Problem requirements ▸ Return each record exactly as it appears, so that nothing is dropped or altered.

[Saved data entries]
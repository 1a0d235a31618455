-- ===== src/Redis/Webhook.antt =====
-- operator/rediscontroller: webhook.go and connector.go.
use provider_exoscale.Prelude.{Bool, true, false, none, some, Result, ok, ◌>>◌, if◌then◌else◌}
use provider_exoscale.Json.{JsonCodec}
use provider_exoscale.Api.{Crossplane, find_status_condition}
use provider_exoscale.Webhook.{validate_raw_extension}
use provider_exoscale.Pipeline.{Runner}
use provider_exoscale.Connector.{
  Endpoints, zone_endpoint, Kube, ConnectContext, ExoscaleConnector, open_exoscale_client,
}
use provider_exoscale.Dbaas.Webhook.{check_ip_filter, check_maintenance, check_zone}
use provider_exoscale.Redis.{Redis, RedisParameters, get_provider_config_name}

-- Connect: the connection that the pipeline of the resource uses.
unfoldable pub connect :
    {C : Type 0}
    → Kube C
    → Endpoints
    → Runner (ConnectContext C)
    → Redis
    → Result (ExoscaleConnector C)
connect kube endpoints r i =
    open_exoscale_client kube r (get_provider_config_name i)
      (zone_endpoint endpoints i.for_provider.zone)

abbrev pub validate_ip_filter : RedisParameters → Result (Unit {0})
validate_ip_filter p = check_ip_filter p.dbaas.ip_filter

abbrev pub validate_maintenance_schedule : RedisParameters → Result (Unit {0})
validate_maintenance_schedule p = check_maintenance p.maintenance

abbrev pub validate_redis_settings : JsonCodec → RedisParameters → Result (Unit {0})
validate_redis_settings codec p = validate_raw_extension codec p.redis_settings

unfoldable pub validate_spec : JsonCodec → Redis → Result (Unit {0})
validate_spec codec i =
    let p = i.for_provider in
    validate_ip_filter p >> validate_maintenance_schedule p >> validate_redis_settings codec p

unfoldable pub validate_create : JsonCodec → Redis → Result (Unit {0})
validate_create codec i = validate_spec codec i

abbrev pub compare_zone : Redis → Redis → Result (Unit {0})
compare_zone old_inst new_inst =
    check_zone "field is immutable after creation: %s (old), %s (changed)"
      old_inst.for_provider.zone new_inst.for_provider.zone

-- Whether the resource has a condition of the type of Available.
unfoldable pub is_created : Crossplane → Redis → Bool
unfolding find_status_condition
is_created xp i = elim (find_status_condition i.conditions xp.available.type) [
  | none ↦ false
  | some c ↦ true
]

-- compare: the zone, once the resource has been created.
unfoldable pub compare_created : Crossplane → Redis → Redis → Result (Unit {0})
compare_created xp old_inst new_inst =
    if is_created xp old_inst then compare_zone old_inst new_inst else ok tt

unfoldable pub validate_update : JsonCodec → Crossplane → Redis → Redis → Result (Unit {0})
validate_update codec xp old_inst new_inst =
    validate_spec codec new_inst >> compare_created xp old_inst new_inst

unfoldable pub validate_delete : Redis → Result (Unit {0})
validate_delete i = ok tt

Output for this task ▸
repository 1a0d235a31618455
-- ===== src/Redis/Webhook.antt =====
-- operator/rediscontroller: webhook.go and connector.go.
use provider_exoscale.Prelude.{Bool, true, false, none, some, Result, ok, ◌>>◌, if◌then◌else◌}
use provider_exoscale.Json.{JsonCodec}
use provider_exoscale.Api.{Crossplane, find_status_condition}
use provider_exoscale.Webhook.{validate_raw_extension}
use provider_exoscale.Pipeline.{Runner}
use provider_exoscale.Connector.{
  Endpoints, zone_endpoint, Kube, ConnectContext, ExoscaleConnector, open_exoscale_client,
}
use provider_exoscale.Dbaas.Webhook.{check_ip_filter, check_maintenance, check_zone}
use provider_exoscale.Redis.{Redis, RedisParameters, get_provider_config_name}

-- Connect: the connection that the pipeline of the resource uses.
unfoldable pub connect :
    {C : Type 0}
    → Kube C
    → Endpoints
    → Runner (ConnectContext C)
    → Redis
    → Result (ExoscaleConnector C)
connect kube endpoints r i =
    open_exoscale_client kube r (get_provider_config_name i)
      (zone_endpoint endpoints i.for_provider.zone)

abbrev pub validate_ip_filter : RedisParameters → Result (Unit {0})
validate_ip_filter p = check_ip_filter p.dbaas.ip_filter

abbrev pub validate_maintenance_schedule : RedisParameters → Result (Unit {0})
validate_maintenance_schedule p = check_maintenance p.maintenance

abbrev pub validate_redis_settings : JsonCodec → RedisParameters → Result (Unit {0})
validate_redis_settings codec p = validate_raw_extension codec p.redis_settings

unfoldable pub validate_spec : JsonCodec → Redis → Result (Unit {0})
validate_spec codec i =
    let p = i.for_provider in
    validate_ip_filter p >> validate_maintenance_schedule p >> validate_redis_settings codec p

unfoldable pub validate_create : JsonCodec → Redis → Result (Unit {0})
validate_create codec i = validate_spec codec i

abbrev pub compare_zone : Redis → Redis → Result (Unit {0})
compare_zone old_inst new_inst =
    check_zone "field is immutable after creation: %s (old), %s (changed)"
      old_inst.for_provider.zone new_inst.for_provider.zone

-- Whether the resource has a condition of the type of Available.
unfoldable pub is_created : Crossplane → Redis → Bool
unfolding find_status_condition
is_created xp i = elim (find_status_condition i.conditions xp.available.type) [
  | none ↦ false
  | some c ↦ true
]

-- compare: the zone, once the resource has been created.
unfoldable pub compare_created : Crossplane → Redis → Redis → Result (Unit {0})
compare_created xp old_inst new_inst =
    if is_created xp old_inst then compare_zone old_inst new_inst else ok tt

unfoldable pub validate_update : JsonCodec → Crossplane → Redis → Redis → Result (Unit {0})
validate_update codec xp old_inst new_inst =
    validate_spec codec new_inst >> compare_created xp old_inst new_inst

unfoldable pub validate_delete : Redis → Result (Unit {0})
validate_delete i = ok tt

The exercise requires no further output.